WO 2008/046702 A1 discloses further types of magnetically induced images produced through the orientation of optically variable magnetic pigment particles in a coating layer, as well as a device for producing said types of images. The device comprises the combination of a magnetized permanent-magnetic plate engraved with indicia with one or more additional magnets mounted with respect to the engraved magnetic plate such as to hold them against the inherent magnetic forces occurring between them.
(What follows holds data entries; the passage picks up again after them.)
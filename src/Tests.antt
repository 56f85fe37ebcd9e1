-- ===== src/Tests.antt =====
-- Concrete inputs at which the hypotheses of the theorems hold, and runs of the definitions.
mod Clocks
mod Ring
mod Members
mod Trees
mod Hints
mod Quorums
mod Copies
mod Transfers
mod Wires
mod Detectors
mod Swarms
mod Files
mod Gossips
mod Logs
mod Uploads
WO 2004/007095 A2 discloses a device for orienting magnetic pigment flakes in a coating layer exposed to the magnetic field of one or more dipole magnets, to produce aesthetically appealing, bright optically variable coatings, which, albeit flat, show a smooth variation of color and reflectivity with changing viewing angle, which is reminiscent of a floating or moving three-dimensional object. Particularly noteworthy, the device of WO 2004/007095 allows for orienting magnetic pigment flakes in a coating layer so as to produce a “rolling-bar” effect in the resulting coating. A printed “rolling bar” type image shows a contrasting band which appears to move (“roll”) as the image is tilted, and which can be obtained with a single printing step and using a single ink formulation. Printed elements which exhibit an apparent motion of image features with changing viewing angle, such as a “rolling-bar” type effect, are anti-copy protection measures for security documents, which can be easily recognized and used for the authentication of a security document. The device of WO 2004/007095, however, may show the drawback that useful “rolling-bar” type effects can only be produced over a relatively small length, and might thus be often difficult to recognize as a security feature.
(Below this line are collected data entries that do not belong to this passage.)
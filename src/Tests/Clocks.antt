-- ===== src/Tests/Clocks.antt =====
-- Clocks of three nodes, and versions that carry them.
use mathlib.Core.List.{lookup, mem-cons_self, mem-cons_of_mem}
use native.Mathlib.Bridge.{le_prop}
use dfs_go.Common.{
  ◌^◌, ◌<◌, ◌+◌, ◌≡◌, ◌≢◌, refl, List, [], ◌∷◌, some, string_discrete, contains, arith, inl, inr,
  of_mem,
}
use dfs_go.VClock.{
  VectorClock, IsClock, before, concurrent, equal, read, merge, compare, compare_loop, collect,
  verdict,
}
use dfs_go.VClock.Order.{Relates, Dominated, compare-Relates}
use dfs_go.VClock.Laws.{merge_lub}
use dfs_go.Conflict.{Version, resolve, resolve_loop, judge}
use dfs_go.Conflict.Winner.{ClocksAgree, resolve_latest, resolve_undominated, resolve_stale}

abbrev low : VectorClock
low = ("a", 1) ∷ []

abbrev mid : VectorClock
mid = ("a", 1) ∷ ("b", 2) ∷ []

abbrev high : VectorClock
high = ("b", 2) ∷ ("a", 3) ∷ []

abbrev aside : VectorClock
aside = ("c", 4) ∷ []

low-IsClock : IsClock low
low-IsClock = unfold contains in (refl, tt)

mid-IsClock : IsClock mid
mid-IsClock = unfold contains in unfold string_discrete in (refl, (refl, tt))

low-mid : compare low mid ≡ before
unfolding compare compare_loop collect verdict read lookup contains string_discrete
low-mid = refl

mid-high : compare mid high ≡ before
unfolding compare compare_loop collect verdict read lookup contains string_discrete
mid-high = refl

compare-Relates_example : Relates (compare low aside) low aside
compare-Relates_example = compare-Relates low aside

merge_lub_example :
    Dominated low (merge low mid)
    × Dominated mid (merge low mid)
    × (Dominated low high → Dominated mid high → Dominated (merge low mid) high)
merge_lub_example = merge_lub low mid high low-IsClock mid-IsClock

short_of_top : read mid "b" + 1 < 2 ^ 64
unfolding read lookup string_discrete
short_of_top = omega arith

abbrev oldest : Version
oldest = record { node_addr = "n1"; clock = low; timestamp = 10 }

abbrev newest : Version
newest = record { node_addr = "n2"; clock = mid; timestamp = 20 }

abbrev both : List Version
both = oldest ∷ newest ∷ []

same : compare low low ≢ before
unfolding compare compare_loop collect verdict read lookup contains string_discrete
same = λ e. absurd (ground (arith, e))

back : compare mid low ≢ before
unfolding compare compare_loop collect verdict read lookup contains string_discrete
back = λ e. absurd (ground (arith, e))

even : compare mid mid ≢ before
unfolding compare compare_loop collect verdict read lookup contains string_discrete
even = λ e. absurd (ground (arith, e))

both-ClocksAgree : ClocksAgree both
both-ClocksAgree u v mu mv =
    of_mem (λ (x : Version). compare x.clock v.clock ≡ before → x.timestamp < v.timestamp) both u
      (λ x. hlevel (le_prop))
      (
        of_mem (λ (y : Version). compare low y.clock ≡ before → 10 < y.timestamp) both v
            (λ y. hlevel (le_prop)) ((λ e. absurd (same e)), ((λ e. omega arith), tt)) mv,
        (
          of_mem (λ (y : Version). compare mid y.clock ≡ before → 20 < y.timestamp) both v
              (λ y. hlevel (le_prop)) ((λ e. absurd (back e)), ((λ e. absurd (even e)), tt)) mv,
          tt,
        ),
      )
      mu

both-resolve : resolve both ≡ some newest
unfolding resolve resolve_loop judge compare compare_loop collect verdict read lookup contains
    string_discrete
both-resolve = refl

resolve_undominated_example : compare newest.clock oldest.clock ≢ before
resolve_undominated_example =
    resolve_undominated both both-ClocksAgree both-resolve oldest mem-cons_self

mid-mid : compare mid mid ≡ equal
unfolding compare compare_loop collect verdict read lookup contains string_discrete
mid-mid = refl

resolve_latest_example : compare newest.clock newest.clock ≡ equal
resolve_latest_example =
    resolve_latest both newest (mem-cons_of_mem oldest mem-cons_self)
      (inl low-mid, (inr mid-mid, tt)) both-resolve

abbrev stale : Version
stale = record { node_addr = "x"; clock = low; timestamp = 30 }

abbrev fresh : Version
fresh = record { node_addr = "y"; clock = mid; timestamp = 10 }

abbrev unrelated : Version
unrelated = record { node_addr = "z"; clock = aside; timestamp = 20 }

mid-aside : compare mid aside ≡ concurrent
unfolding compare compare_loop collect verdict read lookup contains string_discrete
mid-aside = refl

aside-low : compare aside low ≡ concurrent
unfolding compare compare_loop collect verdict read lookup contains string_discrete
aside-low = refl

resolve_stale_example : resolve (fresh ∷ unrelated ∷ stale ∷ []) ≡ some stale
resolve_stale_example =
    resolve_stale stale fresh unrelated low-mid mid-aside aside-low (omega arith) (omega arith)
This is illustrated in FIGS. 1a and 1b, which each schematically show a dipole magnet DM generating a magnetic dipole field, and a substrate S positioned within said magnetic field on one side of and at a distance d from the magnet DM and essentially parallel to its magnetic axis, i.e., the virtual line between its magnetic north pole and south pole. The dipole magnet in FIG. 1a has a longer extension L along its magnetic axis than the dipole magnet in FIG. 1b along its respective magnetic axis. In both cases, reflective particles, e.g. pigment particles, are provided dispersed within a layer of liquid binder material on top of the substrate S and are oriented by the magnetic field, typically such that the respective longest extension of each particle is substantially aligned with the field lines of the magnetic field at the position of the particle. As can be seen by comparing FIGS. 1a and 1b, the dipole magnet used in the device for orienting the particles in a corresponding layer on a substrate S must have at least the length L over which the “rolling-bar” effect is to be produced. The long dipole magnet DM shown in FIG. 1a has only weakly curved field lines at the location of the substrate S, whereas the short dipole magnet DM shown in FIG. 1b has field lines having a higher degree of curvature at the location of the substrate S. As a consequence, the resulting “rolling-bar” print in case of the long magnet of FIG. 1a shows a large bright zone z, which only exhibits a slight apparent movement with changing viewing-angle, i.e. a poor and hardly eye-catching dynamic effect, whereas in comparison the resulting “rolling-bar” print in case of the short magnet of FIG. 1b shows only a small bright zone z, which however exhibits a strong apparent movement with changing viewing-angle. However, due to the rather limited length corresponding to the short dipole magnet, the security feature is not eye-catching and not easy to recognize, particularly if one does not have any prior knowledge of its presence and/or optical effect. Therefore, there remains a need for security features displaying an eye-catching dynamic optical effect over an extended length.